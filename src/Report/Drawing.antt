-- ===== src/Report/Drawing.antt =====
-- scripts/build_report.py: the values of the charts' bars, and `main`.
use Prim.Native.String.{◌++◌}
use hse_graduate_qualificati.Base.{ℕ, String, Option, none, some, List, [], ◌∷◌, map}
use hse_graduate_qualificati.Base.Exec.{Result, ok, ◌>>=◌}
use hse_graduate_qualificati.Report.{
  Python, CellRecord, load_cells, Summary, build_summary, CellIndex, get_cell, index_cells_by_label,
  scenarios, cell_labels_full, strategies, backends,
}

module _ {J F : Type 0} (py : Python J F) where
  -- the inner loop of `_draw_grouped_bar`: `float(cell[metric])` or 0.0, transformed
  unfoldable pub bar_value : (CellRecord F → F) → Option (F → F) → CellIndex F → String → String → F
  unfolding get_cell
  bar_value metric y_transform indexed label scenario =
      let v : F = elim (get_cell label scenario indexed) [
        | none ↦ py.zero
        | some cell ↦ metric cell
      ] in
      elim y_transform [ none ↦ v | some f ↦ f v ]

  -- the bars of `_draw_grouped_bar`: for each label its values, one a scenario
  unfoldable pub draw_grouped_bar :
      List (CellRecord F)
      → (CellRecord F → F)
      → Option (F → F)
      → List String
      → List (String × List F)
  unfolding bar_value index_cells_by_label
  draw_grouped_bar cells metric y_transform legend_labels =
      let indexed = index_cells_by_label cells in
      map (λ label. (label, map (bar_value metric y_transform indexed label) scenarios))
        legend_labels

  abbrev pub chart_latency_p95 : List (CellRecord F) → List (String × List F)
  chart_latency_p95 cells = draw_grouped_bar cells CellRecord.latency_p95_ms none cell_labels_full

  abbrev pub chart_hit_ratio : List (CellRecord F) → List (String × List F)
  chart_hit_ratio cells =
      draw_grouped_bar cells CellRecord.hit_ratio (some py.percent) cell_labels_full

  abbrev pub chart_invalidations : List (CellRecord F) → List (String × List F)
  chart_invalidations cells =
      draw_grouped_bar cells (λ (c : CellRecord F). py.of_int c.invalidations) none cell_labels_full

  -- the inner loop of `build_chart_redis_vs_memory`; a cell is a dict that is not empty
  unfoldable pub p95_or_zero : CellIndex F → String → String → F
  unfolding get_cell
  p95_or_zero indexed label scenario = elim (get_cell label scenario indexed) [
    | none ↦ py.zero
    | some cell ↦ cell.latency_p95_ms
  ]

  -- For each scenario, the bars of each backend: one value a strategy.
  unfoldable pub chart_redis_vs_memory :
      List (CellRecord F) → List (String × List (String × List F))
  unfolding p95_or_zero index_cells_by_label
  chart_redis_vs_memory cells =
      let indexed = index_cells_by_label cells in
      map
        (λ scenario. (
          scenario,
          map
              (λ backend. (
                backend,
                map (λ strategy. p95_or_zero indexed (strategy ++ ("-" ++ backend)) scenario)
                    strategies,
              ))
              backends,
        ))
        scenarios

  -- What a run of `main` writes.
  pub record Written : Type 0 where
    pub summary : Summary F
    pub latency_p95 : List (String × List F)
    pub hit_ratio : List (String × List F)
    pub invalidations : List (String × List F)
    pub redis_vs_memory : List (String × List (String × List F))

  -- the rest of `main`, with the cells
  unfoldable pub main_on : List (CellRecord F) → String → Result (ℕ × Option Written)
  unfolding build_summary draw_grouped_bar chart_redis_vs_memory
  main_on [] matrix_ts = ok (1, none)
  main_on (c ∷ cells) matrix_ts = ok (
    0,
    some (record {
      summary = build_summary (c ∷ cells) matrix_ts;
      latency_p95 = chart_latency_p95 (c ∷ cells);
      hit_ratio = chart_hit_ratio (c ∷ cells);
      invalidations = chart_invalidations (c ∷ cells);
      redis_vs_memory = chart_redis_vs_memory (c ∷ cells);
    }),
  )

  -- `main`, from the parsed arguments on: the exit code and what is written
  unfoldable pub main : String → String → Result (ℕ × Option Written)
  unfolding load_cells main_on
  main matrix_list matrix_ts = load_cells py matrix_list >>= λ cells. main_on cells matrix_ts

» What you should do
Extract the complete data, matching each line exactly.

» Solution to the problem
filename src/Report/Drawing.antt
-- ===== src/Report/Drawing.antt =====
-- scripts/build_report.py: the values of the charts' bars, and `main`.
use Prim.Native.String.{◌++◌}
use hse_graduate_qualificati.Base.{ℕ, String, Option, none, some, List, [], ◌∷◌, map}
use hse_graduate_qualificati.Base.Exec.{Result, ok, ◌>>=◌}
use hse_graduate_qualificati.Report.{
  Python, CellRecord, load_cells, Summary, build_summary, CellIndex, get_cell, index_cells_by_label,
  scenarios, cell_labels_full, strategies, backends,
}

module _ {J F : Type 0} (py : Python J F) where
  -- the inner loop of `_draw_grouped_bar`: `float(cell[metric])` or 0.0, transformed
  unfoldable pub bar_value : (CellRecord F → F) → Option (F → F) → CellIndex F → String → String → F
  unfolding get_cell
  bar_value metric y_transform indexed label scenario =
      let v : F = elim (get_cell label scenario indexed) [
        | none ↦ py.zero
        | some cell ↦ metric cell
      ] in
      elim y_transform [ none ↦ v | some f ↦ f v ]

  -- the bars of `_draw_grouped_bar`: for each label its values, one a scenario
  unfoldable pub draw_grouped_bar :
      List (CellRecord F)
      → (CellRecord F → F)
      → Option (F → F)
      → List String
      → List (String × List F)
  unfolding bar_value index_cells_by_label
  draw_grouped_bar cells metric y_transform legend_labels =
      let indexed = index_cells_by_label cells in
      map (λ label. (label, map (bar_value metric y_transform indexed label) scenarios))
        legend_labels

  abbrev pub chart_latency_p95 : List (CellRecord F) → List (String × List F)
  chart_latency_p95 cells = draw_grouped_bar cells CellRecord.latency_p95_ms none cell_labels_full

  abbrev pub chart_hit_ratio : List (CellRecord F) → List (String × List F)
  chart_hit_ratio cells =
      draw_grouped_bar cells CellRecord.hit_ratio (some py.percent) cell_labels_full

  abbrev pub chart_invalidations : List (CellRecord F) → List (String × List F)
  chart_invalidations cells =
      draw_grouped_bar cells (λ (c : CellRecord F). py.of_int c.invalidations) none cell_labels_full

  -- the inner loop of `build_chart_redis_vs_memory`; a cell is a dict that is not empty
  unfoldable pub p95_or_zero : CellIndex F → String → String → F
  unfolding get_cell
  p95_or_zero indexed label scenario = elim (get_cell label scenario indexed) [
    | none ↦ py.zero
    | some cell ↦ cell.latency_p95_ms
  ]

  -- For each scenario, the bars of each backend: one value a strategy.
  unfoldable pub chart_redis_vs_memory :
      List (CellRecord F) → List (String × List (String × List F))
  unfolding p95_or_zero index_cells_by_label
  chart_redis_vs_memory cells =
      let indexed = index_cells_by_label cells in
      map
        (λ scenario. (
          scenario,
          map
              (λ backend. (
                backend,
                map (λ strategy. p95_or_zero indexed (strategy ++ ("-" ++ backend)) scenario)
                    strategies,
              ))
              backends,
        ))
        scenarios

  -- What a run of `main` writes.
  pub record Written : Type 0 where
    pub summary : Summary F
    pub latency_p95 : List (String × List F)
    pub hit_ratio : List (String × List F)
    pub invalidations : List (String × List F)
    pub redis_vs_memory : List (String × List (String × List F))

  -- the rest of `main`, with the cells
  unfoldable pub main_on : List (CellRecord F) → String → Result (ℕ × Option Written)
  unfolding build_summary draw_grouped_bar chart_redis_vs_memory
  main_on [] matrix_ts = ok (1, none)
  main_on (c ∷ cells) matrix_ts = ok (
    0,
    some (record {
      summary = build_summary (c ∷ cells) matrix_ts;
      latency_p95 = chart_latency_p95 (c ∷ cells);
      hit_ratio = chart_hit_ratio (c ∷ cells);
      invalidations = chart_invalidations (c ∷ cells);
      redis_vs_memory = chart_redis_vs_memory (c ∷ cells);
    }),
  )

  -- `main`, from the parsed arguments on: the exit code and what is written
  unfoldable pub main : String → String → Result (ℕ × Option Written)
  unfolding load_cells main_on
  main matrix_list matrix_ts = load_cells py matrix_list >>= λ cells. main_on cells matrix_ts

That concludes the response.